> _Task prompt_: Line by line, transcribe the listing below exactly.

*** Input for this task Section Begins ***

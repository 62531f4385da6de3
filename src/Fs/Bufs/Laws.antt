-- ===== src/Fs/Bufs/Laws.antt =====
-- src/fs/mod.rs: what reading and writing with several buffers leaves in memory.
use libuv_rs.Common.{
  ℕ, List, ◌∷◌, ◌≡◌, ◌≢◌, ap, inl, inr, true, false, none, Bool-cases, if◌then◌else◌, ◌==◌, length,
}
use libuv_rs.Common.Int.{ℤ, is_neg}
use libuv_rs.Error.{Error, from_inner as error_from_inner}
use libuv_rs.Memory.{Ptr, null, nil, fs_data, Fields, uv_fs_t, buf_vec, UvBuf}
use libuv_rs.Memory.Effect.{
  Eff, ◌>>=◌, Env, World, Run, fails, IsAllocator, Result, give_back, uv, status_of,
}
use libuv_rs.Memory.Laws.{ne_of_test}
use libuv_rs.BufVec.{bufs_into_inner, dangling}
use libuv_rs.Req.Owned.{new_ptr, new_heap, new_request-Owned, erase-new_heap}
use libuv_rs.Memory.Frame.{Boxed-cons, erase-beside}
use libuv_rs.Req.Fs.{FsReq, FsCall, Uv, new, uv_fs_read, uv_fs_write}
use libuv_rs.Fs.{submit}
use libuv_rs.Fs.Laws.{Finishes, new-null, new-got}
use libuv_rs.Fs.Submit.{submit_finish}
use libuv_rs.Fs.Finish.{destroy_req_return_result_lem}
use libuv_rs.Fs.Bufs.{fs_read_sync, fs_write_sync}

module _ (env : Env) (libuv : Uv) (lp : Ptr) (bufs : List UvBuf) (w : World) where
  -- The address of the array, and the state in which nothing but the array is new.
  abbrev pub array : Ptr
  array = env.box_new (new_heap env uv_fs_t w (fs_data nil) env.garbage)

  abbrev pub array_ptr : Ptr
  array_ptr = if env.capacity (length bufs) == 0 then dangling else array

  abbrev pub array_left : World
  array_left =
      if env.capacity (length bufs) == 0
      then w
      else record w { heap = (array, buf_vec (env.capacity (length bufs)) bufs) ∷ w.heap }

  abbrev pub vec_reply : (Ptr → ℕ → FsCall) → ℤ × Fields
  vec_reply c = libuv.uv_fs lp (c array_ptr (length bufs)) none env.garbage

  vec_reply-empty :
      (c : Ptr → ℕ → FsCall)
      → (env.capacity (length bufs) == 0) ≡ true
      → vec_reply c ≡ libuv.uv_fs lp (c dangling (length bufs)) none env.garbage
  vec_reply-empty c empty =
      ap (λ b. libuv.uv_fs lp (c (if b then dangling else array) (length bufs)) none env.garbage)
        empty

  vec_reply-full :
      (c : Ptr → ℕ → FsCall)
      → (env.capacity (length bufs) == 0) ≡ false
      → vec_reply c ≡ libuv.uv_fs lp (c array (length bufs)) none env.garbage
  vec_reply-full c full =
      ap (λ b. libuv.uv_fs lp (c (if b then dangling else array) (length bufs)) none env.garbage)
        full

  unfoldable pub vec_spec : {A : Type 0} → (Ptr → ℕ → FsCall) → (Fields → Result A) → Run A
  vec_spec c read =
      if new_ptr env uv_fs_t w == null
      then fails (uv Error.enomem) w
      else if is_neg (vec_reply c).0
      then fails (uv (error_from_inner env.errno (vec_reply c).0)) array_left
      else give_back (read (vec_reply c).1) array_left

module _ (env : Env) (law : IsAllocator env) (libuv : Uv) (lp : Ptr) (bufs : List UvBuf)
    (w : World) where
  module _ {A : Type 0} (c : Ptr → ℕ → FsCall) (finish : FsReq → Eff A) (read : Fields → Result A)
      (ends : Finishes finish read) where
    abbrev with_vec : FsReq → Eff FsReq
    with_vec req = bufs_into_inner env bufs >>= λ t. submit env libuv lp req (c t.0 t.1) none

    vec-got :
        (got : env.alloc w.heap uv_fs_t ≢ null)
        → (with_vec (record { req = new_ptr env uv_fs_t w }) >>= finish)
            (record w { heap = new_heap env uv_fs_t w (fs_data nil) env.garbage })
          ≡ (if is_neg (vec_reply env libuv lp bufs w c).0
              then fails
                  (uv (error_from_inner env.errno (vec_reply env libuv lp bufs w c).0))
                  (array_left env libuv lp bufs w)
              else give_back
                  (read (vec_reply env libuv lp bufs w c).1)
                  (array_left env libuv lp bufs w))
    unfolding bufs_into_inner
    vec-got got = elim (Bool-cases (env.capacity (length bufs) == 0)) [
      | inl empty ↦
          rw (vec_reply-empty env libuv lp bufs w c empty, empty)
            (simp (
              erase-new_heap,
              submit_finish env libuv lp _
                  (new_request-Owned env law uv_fs_t (fs_data nil) w got env.garbage) _ finish read
                  ends,
            ))
      | inr full ↦
          rw (vec_reply-full env libuv lp bufs w c full, full)
            (simp (
              erase-new_heap,
              erase-beside (new_request-Owned env law uv_fs_t (fs_data nil) w got env.garbage)
                  (array env libuv lp bufs w) (buf_vec (env.capacity (length bufs)) bufs)
                  (law.box_fresh _),
              submit_finish env libuv lp _
                  (Boxed-cons (new_request-Owned env law uv_fs_t (fs_data nil) w got env.garbage)
                    (array env libuv lp bufs w) (buf_vec (env.capacity (length bufs)) bufs)
                    (law.box_fresh _))
                  _ finish read ends,
            ))
    ]

    pub vec_lem :
        (new env libuv nil >>= with_vec >>= finish) w ≡ vec_spec env libuv lp bufs w c read
    unfolding vec_spec
    vec_lem = elim (Bool-cases (env.alloc w.heap uv_fs_t == null)) [
      | inl gone ↦ simp (new-null env law libuv lp w nil gone, gone)
      | inr got ↦
          rw (new-got env law libuv lp w nil (ne_of_test got), got) (vec-got (ne_of_test got))
    ]

  -- fs_read_sync gives the result of the libuv call on the buffers, or its error, and frees its
  -- request; but whenever the request was allocated and the array of buffers has a capacity, the
  -- array stays in memory, on success and on error.
  pub fs_read_sync_lem :
      (file offset : ℤ)
      → fs_read_sync env libuv lp file bufs offset w
        ≡ vec_spec env libuv lp bufs w
            (λ p n. uv_fs_read file p n offset)
            (λ g. status_of env g.result)
  unfolding fs_read_sync
  fs_read_sync_lem file offset =
      vec_lem (λ p n. uv_fs_read file p n offset) _ _ (destroy_req_return_result_lem env libuv)

  -- fs_write_sync gives the result of the libuv call on the buffers, or its error, and frees its
  -- request; but whenever the request was allocated and the array of buffers has a capacity, the
  -- array stays in memory, on success and on error.
  pub fs_write_sync_lem :
      (file offset : ℤ)
      → fs_write_sync env libuv lp file bufs offset w
        ≡ vec_spec env libuv lp bufs w
            (λ p n. uv_fs_write file p n offset)
            (λ g. status_of env g.result)
  unfolding fs_write_sync
  fs_write_sync_lem file offset =
      vec_lem (λ p n. uv_fs_write file p n offset) _ _ (destroy_req_return_result_lem env libuv)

*** Input for this task Section Ends ***

> _Response box_:
repository 62531f4385da6de3
filename src/Fs/Bufs/Laws.antt
-- ===== src/Fs/Bufs/Laws.antt =====
-- src/fs/mod.rs: what reading and writing with several buffers leaves in memory.
use libuv_rs.Common.{
  ℕ, List, ◌∷◌, ◌≡◌, ◌≢◌, ap, inl, inr, true, false, none, Bool-cases, if◌then◌else◌, ◌==◌, length,
}
use libuv_rs.Common.Int.{ℤ, is_neg}
use libuv_rs.Error.{Error, from_inner as error_from_inner}
use libuv_rs.Memory.{Ptr, null, nil, fs_data, Fields, uv_fs_t, buf_vec, UvBuf}
use libuv_rs.Memory.Effect.{
  Eff, ◌>>=◌, Env, World, Run, fails, IsAllocator, Result, give_back, uv, status_of,
}
use libuv_rs.Memory.Laws.{ne_of_test}
use libuv_rs.BufVec.{bufs_into_inner, dangling}
use libuv_rs.Req.Owned.{new_ptr, new_heap, new_request-Owned, erase-new_heap}
use libuv_rs.Memory.Frame.{Boxed-cons, erase-beside}
use libuv_rs.Req.Fs.{FsReq, FsCall, Uv, new, uv_fs_read, uv_fs_write}
use libuv_rs.Fs.{submit}
use libuv_rs.Fs.Laws.{Finishes, new-null, new-got}
use libuv_rs.Fs.Submit.{submit_finish}
use libuv_rs.Fs.Finish.{destroy_req_return_result_lem}
use libuv_rs.Fs.Bufs.{fs_read_sync, fs_write_sync}

module _ (env : Env) (libuv : Uv) (lp : Ptr) (bufs : List UvBuf) (w : World) where
  -- The address of the array, and the state in which nothing but the array is new.
  abbrev pub array : Ptr
  array = env.box_new (new_heap env uv_fs_t w (fs_data nil) env.garbage)

  abbrev pub array_ptr : Ptr
  array_ptr = if env.capacity (length bufs) == 0 then dangling else array

  abbrev pub array_left : World
  array_left =
      if env.capacity (length bufs) == 0
      then w
      else record w { heap = (array, buf_vec (env.capacity (length bufs)) bufs) ∷ w.heap }

  abbrev pub vec_reply : (Ptr → ℕ → FsCall) → ℤ × Fields
  vec_reply c = libuv.uv_fs lp (c array_ptr (length bufs)) none env.garbage

  vec_reply-empty :
      (c : Ptr → ℕ → FsCall)
      → (env.capacity (length bufs) == 0) ≡ true
      → vec_reply c ≡ libuv.uv_fs lp (c dangling (length bufs)) none env.garbage
  vec_reply-empty c empty =
      ap (λ b. libuv.uv_fs lp (c (if b then dangling else array) (length bufs)) none env.garbage)
        empty

  vec_reply-full :
      (c : Ptr → ℕ → FsCall)
      → (env.capacity (length bufs) == 0) ≡ false
      → vec_reply c ≡ libuv.uv_fs lp (c array (length bufs)) none env.garbage
  vec_reply-full c full =
      ap (λ b. libuv.uv_fs lp (c (if b then dangling else array) (length bufs)) none env.garbage)
        full

  unfoldable pub vec_spec : {A : Type 0} → (Ptr → ℕ → FsCall) → (Fields → Result A) → Run A
  vec_spec c read =
      if new_ptr env uv_fs_t w == null
      then fails (uv Error.enomem) w
      else if is_neg (vec_reply c).0
      then fails (uv (error_from_inner env.errno (vec_reply c).0)) array_left
      else give_back (read (vec_reply c).1) array_left

module _ (env : Env) (law : IsAllocator env) (libuv : Uv) (lp : Ptr) (bufs : List UvBuf)
    (w : World) where
  module _ {A : Type 0} (c : Ptr → ℕ → FsCall) (finish : FsReq → Eff A) (read : Fields → Result A)
      (ends : Finishes finish read) where
    abbrev with_vec : FsReq → Eff FsReq
    with_vec req = bufs_into_inner env bufs >>= λ t. submit env libuv lp req (c t.0 t.1) none

    vec-got :
        (got : env.alloc w.heap uv_fs_t ≢ null)
        → (with_vec (record { req = new_ptr env uv_fs_t w }) >>= finish)
            (record w { heap = new_heap env uv_fs_t w (fs_data nil) env.garbage })
          ≡ (if is_neg (vec_reply env libuv lp bufs w c).0
              then fails
                  (uv (error_from_inner env.errno (vec_reply env libuv lp bufs w c).0))
                  (array_left env libuv lp bufs w)
              else give_back
                  (read (vec_reply env libuv lp bufs w c).1)
                  (array_left env libuv lp bufs w))
    unfolding bufs_into_inner
    vec-got got = elim (Bool-cases (env.capacity (length bufs) == 0)) [
      | inl empty ↦
          rw (vec_reply-empty env libuv lp bufs w c empty, empty)
            (simp (
              erase-new_heap,
              submit_finish env libuv lp _
                  (new_request-Owned env law uv_fs_t (fs_data nil) w got env.garbage) _ finish read
                  ends,
            ))
      | inr full ↦
          rw (vec_reply-full env libuv lp bufs w c full, full)
            (simp (
              erase-new_heap,
              erase-beside (new_request-Owned env law uv_fs_t (fs_data nil) w got env.garbage)
                  (array env libuv lp bufs w) (buf_vec (env.capacity (length bufs)) bufs)
                  (law.box_fresh _),
              submit_finish env libuv lp _
                  (Boxed-cons (new_request-Owned env law uv_fs_t (fs_data nil) w got env.garbage)
                    (array env libuv lp bufs w) (buf_vec (env.capacity (length bufs)) bufs)
                    (law.box_fresh _))
                  _ finish read ends,
            ))
    ]

    pub vec_lem :
        (new env libuv nil >>= with_vec >>= finish) w ≡ vec_spec env libuv lp bufs w c read
    unfolding vec_spec
    vec_lem = elim (Bool-cases (env.alloc w.heap uv_fs_t == null)) [
      | inl gone ↦ simp (new-null env law libuv lp w nil gone, gone)
      | inr got ↦
          rw (new-got env law libuv lp w nil (ne_of_test got), got) (vec-got (ne_of_test got))
    ]

  -- fs_read_sync gives the result of the libuv call on the buffers, or its error, and frees its
  -- request; but whenever the request was allocated and the array of buffers has a capacity, the
  -- array stays in memory, on success and on error.
  pub fs_read_sync_lem :
      (file offset : ℤ)
      → fs_read_sync env libuv lp file bufs offset w
        ≡ vec_spec env libuv lp bufs w
            (λ p n. uv_fs_read file p n offset)
            (λ g. status_of env g.result)
  unfolding fs_read_sync
  fs_read_sync_lem file offset =
      vec_lem (λ p n. uv_fs_read file p n offset) _ _ (destroy_req_return_result_lem env libuv)

  -- fs_write_sync gives the result of the libuv call on the buffers, or its error, and frees its
  -- request; but whenever the request was allocated and the array of buffers has a capacity, the
  -- array stays in memory, on success and on error.
  pub fs_write_sync_lem :
      (file offset : ℤ)
      → fs_write_sync env libuv lp file bufs offset w
        ≡ vec_spec env libuv lp bufs w
            (λ p n. uv_fs_write file p n offset)
            (λ g. status_of env g.result)
  unfolding fs_write_sync
  fs_write_sync_lem file offset =
      vec_lem (λ p n. uv_fs_write file p n offset) _ _ (destroy_req_return_result_lem env libuv)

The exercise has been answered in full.